J2S2019
Probability that A can solve a problem is (1/4) & Probability that B can solve the same problem is (1/2). If they start solving the same problem simultaneously, then what is the probability that the problem gets solved?
A>1/8
B>5/8
C>1/2
D>3/8
E>3/4
You can't answer the question unless you know the two probabilities are independent. As the question is worded, the answer could be anything between 1/2 and 3/4.
If you know the two probabilities are independent, then the probability A does *not* solve the problem is 3/4, the probability B does *not* solve the problem is 1/2, and the probability both do not solve the problem is thus (3/4)(1/2) = 3/8. Subtracting that from 1, we find the probability that at least one of them solves the problem is 5/8.

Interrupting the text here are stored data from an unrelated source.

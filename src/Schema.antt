-- ===== src/Schema.antt =====
-- internal/schema: the GraphQL types of columns, and names. A type of the GraphQL library is a value
-- of `GqlType`, without its description.
pub mod Filters
pub mod Compiled
pub mod Relationships
use graphpost.Prelude.{
  ℕ, ◌-◌, String, List, [], ◌∷◌, Bool, true, false, not, ◌&&◌, Option, none, some, leb, ◌==◌,
  if◌then◌else◌,
}
use graphpost.Prelude.Text.{split, join_texts, to_lower, contains}
use graphpost.Resolver.Aggregates.{is_numeric_type}
use Prim.Native.String
use Prim.Native.Char.{Char, code}

pub data GqlType : Type 0 where
  string_type : GqlType
  int_type : GqlType
  float_type : GqlType
  boolean_type : GqlType
  bigint_type : GqlType
  uuid_type : GqlType
  json_type : GqlType
  date_type : GqlType
  time_type : GqlType
  timestamp_type : GqlType
  enum_type : String → GqlType
  list_type : GqlType → GqlType
  non_null_type : GqlType → GqlType

-- A `Column` of internal/database/introspector.go, as the schema reads it.
pub record ColumnInfo : Type 0 where
  pub name : String
  pub sql_type : String
  pub is_nullable : Bool
  pub has_default : Bool
  pub is_primary_key : Bool
  pub is_array : Bool

upper_char : Char → Char
upper_char c =
    if leb b'a' (code c) && leb (code c) b'z'
    then String.char_at "ABCDEFGHIJKLMNOPQRSTUVWXYZ" (code c - b'a')
    else c

upper_first : String → String
unfolding upper_char
upper_first String.[] = ""
upper_first (String.◌∷◌ c s) = String.◌∷◌ (upper_char c) s

upper_parts : List String → List String
unfolding upper_first
upper_parts [] = []
upper_parts (s ∷ ss) = upper_first s ∷ upper_parts ss

-- For names whose parts begin with an ASCII character.
unfoldable pub to_pascal_case : String → String
unfolding upper_parts
to_pascal_case s = join_texts "" (upper_parts (split b'_' s))

abbrev pub int_names : List String
int_names = "int2" ∷ "int4" ∷ "smallint" ∷ "integer" ∷ "smallserial" ∷ "serial" ∷ []

abbrev pub bigint_names : List String
bigint_names = "int8" ∷ "bigint" ∷ "bigserial" ∷ []

abbrev pub float_names : List String
float_names =
    "float4" ∷ "float8" ∷ "real" ∷ "double precision" ∷ "numeric" ∷ "decimal" ∷ "money" ∷ []

abbrev pub geometry_names : List String
geometry_names = "point" ∷ "line" ∷ "lseg" ∷ "box" ∷ "path" ∷ "polygon" ∷ "circle" ∷ []

-- The cases that the two `switch`es on a type share; the last argument is the rest.
unfoldable pub shared_type : String → GqlType → GqlType
shared_type t rest =
    if contains int_names t
    then int_type
    else if contains bigint_names t
    then bigint_type
    else if contains float_names t
    then float_type
    else if contains ("bool" ∷ "boolean" ∷ []) t
    then boolean_type
    else if t == "uuid"
    then uuid_type
    else if contains ("json" ∷ "jsonb" ∷ []) t
    then json_type
    else if t == "date"
    then date_type
    else if contains ("time" ∷ "timetz" ∷ []) t
    then time_type
    else if contains ("timestamp" ∷ "timestamptz" ∷ []) t
    then timestamp_type
    else rest

-- The types that the source lists for String give what its default gives.
unfoldable pub base_output_type : List String → ColumnInfo → GqlType
unfolding shared_type
base_output_type enums col =
    let t = to_lower col.sql_type in
    if contains enums col.sql_type
    then enum_type col.sql_type
    else shared_type t (if contains geometry_names t then json_type else string_type)

unfoldable pub sql_type_to_graphql : List String → ColumnInfo → GqlType
unfolding base_output_type
sql_type_to_graphql enums col =
    let base = base_output_type enums col in if col.is_array then list_type base else base

unfoldable pub base_input_type : List String → ColumnInfo → GqlType
unfolding shared_type
base_input_type enums col =
    if contains enums col.sql_type
    then enum_type col.sql_type
    else shared_type (to_lower col.sql_type) string_type

unfoldable pub sql_type_to_graphql_input : List String → ColumnInfo → GqlType
unfolding base_input_type
sql_type_to_graphql_input enums col =
    let base = base_input_type enums col in if col.is_array then list_type base else base

unfoldable pub column_to_field : List String → ColumnInfo → GqlType
unfolding sql_type_to_graphql
column_to_field enums col =
    let t = sql_type_to_graphql enums col in if col.is_nullable then t else non_null_type t

-- A field of an input object: its name and type.
abbrev pub InputField : Type 0
InputField = String × GqlType

-- The fields of the input objects of a table, in the order of its columns.
unfoldable pub insert_fields : List String → List ColumnInfo → List InputField
unfolding sql_type_to_graphql_input
insert_fields enums [] = []
insert_fields enums (col ∷ cols) =
    let t = sql_type_to_graphql_input enums col in
    (col.name, if not col.has_default && col.is_primary_key then non_null_type t else t)
    ∷ insert_fields enums cols

unfoldable pub set_fields : List String → List ColumnInfo → List InputField
unfolding sql_type_to_graphql_input
set_fields enums [] = []
set_fields enums (col ∷ cols) =
    (col.name, sql_type_to_graphql_input enums col) ∷ set_fields enums cols

unfoldable pub inc_fields : List ColumnInfo → List InputField
inc_fields [] = []
inc_fields (col ∷ cols) =
    let rest = inc_fields cols in
    if is_numeric_type col.sql_type then (col.name, int_type) ∷ rest else rest

unfoldable pub pk_fields : List String → List ColumnInfo → List InputField
unfolding sql_type_to_graphql_input
pk_fields enums [] = []
pk_fields enums (col ∷ cols) =
    let rest = pk_fields enums cols in
    if col.is_primary_key
    then (col.name, non_null_type (sql_type_to_graphql_input enums col)) ∷ rest
    else rest
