-- ===== src/Schema/Filters.antt =====
-- `generateComparisonTypes` and `getComparisonType` of internal/schema/filters.go: the operators that
-- the input object of a column offers.
use graphpost.Prelude.{String, List, [], ◌∷◌, ◌++◌, ◌==◌, if◌then◌else◌}
use graphpost.Prelude.Text.{to_lower, contains}
use graphpost.Schema.{
  GqlType, string_type, int_type, float_type, boolean_type, bigint_type, uuid_type, json_type,
  date_type, timestamp_type, enum_type, list_type, non_null_type, ColumnInfo, InputField, int_names,
  bigint_names, float_names,
}

-- The input objects with the ending `_comparison_exp`.
pub data Comparison : Type 0 where
  string_comparison : Comparison
  int_comparison : Comparison
  float_comparison : Comparison
  boolean_comparison : Comparison
  bigint_comparison : Comparison
  uuid_comparison : Comparison
  timestamp_comparison : Comparison
  date_comparison : Comparison
  jsonb_comparison : Comparison
  enum_comparison : String → Comparison

-- The operators of the types that have an order.
abbrev pub ordered_fields : GqlType → List InputField
ordered_fields t =
    ("_eq", t)
    ∷ ("_neq", t)
    ∷ ("_gt", t)
    ∷ ("_gte", t)
    ∷ ("_lt", t)
    ∷ ("_lte", t)
    ∷ ("_in", list_type (non_null_type t))
    ∷ ("_nin", list_type (non_null_type t))
    ∷ ("_is_null", boolean_type)
    ∷ []

abbrev pub pattern_fields : List InputField
pattern_fields =
    ("_like", string_type)
    ∷ ("_nlike", string_type)
    ∷ ("_ilike", string_type)
    ∷ ("_nilike", string_type)
    ∷ ("_similar", string_type)
    ∷ ("_nsimilar", string_type)
    ∷ ("_regex", string_type)
    ∷ ("_nregex", string_type)
    ∷ ("_iregex", string_type)
    ∷ ("_niregex", string_type)
    ∷ []

unfoldable pub comparison_fields : Comparison → List InputField
comparison_fields string_comparison = ordered_fields string_type ++ pattern_fields
comparison_fields int_comparison = ordered_fields int_type
comparison_fields float_comparison = ordered_fields float_type
comparison_fields boolean_comparison =
    ("_eq", boolean_type) ∷ ("_neq", boolean_type) ∷ ("_is_null", boolean_type) ∷ []
comparison_fields bigint_comparison = ordered_fields bigint_type
comparison_fields uuid_comparison = ordered_fields uuid_type
comparison_fields timestamp_comparison = ordered_fields timestamp_type
comparison_fields date_comparison = ordered_fields date_type
comparison_fields jsonb_comparison =
    ("_eq", json_type)
    ∷ ("_neq", json_type)
    ∷ ("_is_null", boolean_type)
    ∷ ("_contains", json_type)
    ∷ ("_contained_in", json_type)
    ∷ ("_has_key", string_type)
    ∷ ("_has_keys_any", list_type (non_null_type string_type))
    ∷ ("_has_keys_all", list_type (non_null_type string_type))
    ∷ []
comparison_fields (enum_comparison name) =
    ("_eq", enum_type name)
    ∷ ("_neq", enum_type name)
    ∷ ("_in", list_type (non_null_type (enum_type name)))
    ∷ ("_nin", list_type (non_null_type (enum_type name)))
    ∷ ("_is_null", boolean_type)
    ∷ []

unfoldable pub get_comparison_type : List String → ColumnInfo → Comparison
get_comparison_type enums col =
    let t = to_lower col.sql_type in
    if contains enums col.sql_type
    then enum_comparison col.sql_type
    else if contains int_names t
    then int_comparison
    else if contains bigint_names t
    then bigint_comparison
    else if contains float_names t
    then float_comparison
    else if contains ("bool" ∷ "boolean" ∷ []) t
    then boolean_comparison
    else if t == "uuid"
    then uuid_comparison
    else if contains ("json" ∷ "jsonb" ∷ []) t
    then jsonb_comparison
    else if t == "date"
    then date_comparison
    else if contains ("timestamp" ∷ "timestamptz" ∷ []) t
    then timestamp_comparison
    else string_comparison

-- A field of a `_bool_exp`: a list of such objects, one of them, or the operators of a column.
pub data BoolExpField : Type 0 where
  conjunction : BoolExpField
  negation : BoolExpField
  operators : Comparison → BoolExpField

column_filters : List String → List ColumnInfo → List (String × BoolExpField)
unfolding get_comparison_type
column_filters enums [] = []
column_filters enums (col ∷ cols) =
    (col.name, operators (get_comparison_type enums col)) ∷ column_filters enums cols

-- The fields for a table or a view, before a column of the name of a connective replaces it.
unfoldable pub bool_exp_fields : List String → List ColumnInfo → List (String × BoolExpField)
unfolding column_filters
bool_exp_fields enums cols =
    ("_and", conjunction) ∷ ("_or", conjunction) ∷ ("_not", negation) ∷ column_filters enums cols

But we're not told the probabilities are independent. It could be true that A, who is the worse problem-solver of the two, can only solve easy problems, and B can solve both easy and medium problems. So it could be true that any time A can solve the problem, B can easily solve it. Then the problem only gets solved if B can do it, so only gets solved 1/2 the time.
Or it could be true that any time A can solve the problem, B cannot solve it -- maybe the problems are drawn from a question bank consisting of 1/4 Astronomy questions, 1/2 Art History questions, and 1/4 Archaeology questions, and A is an Astronomy expert and B is an Art History expert, and those are the only problems each can solve. In that case, 3/4 of the time one of them will solve the problem (but it will never be true that both solve it).
These kinds of questions need to be carefully worded to have any mathematical meaning. What is the source?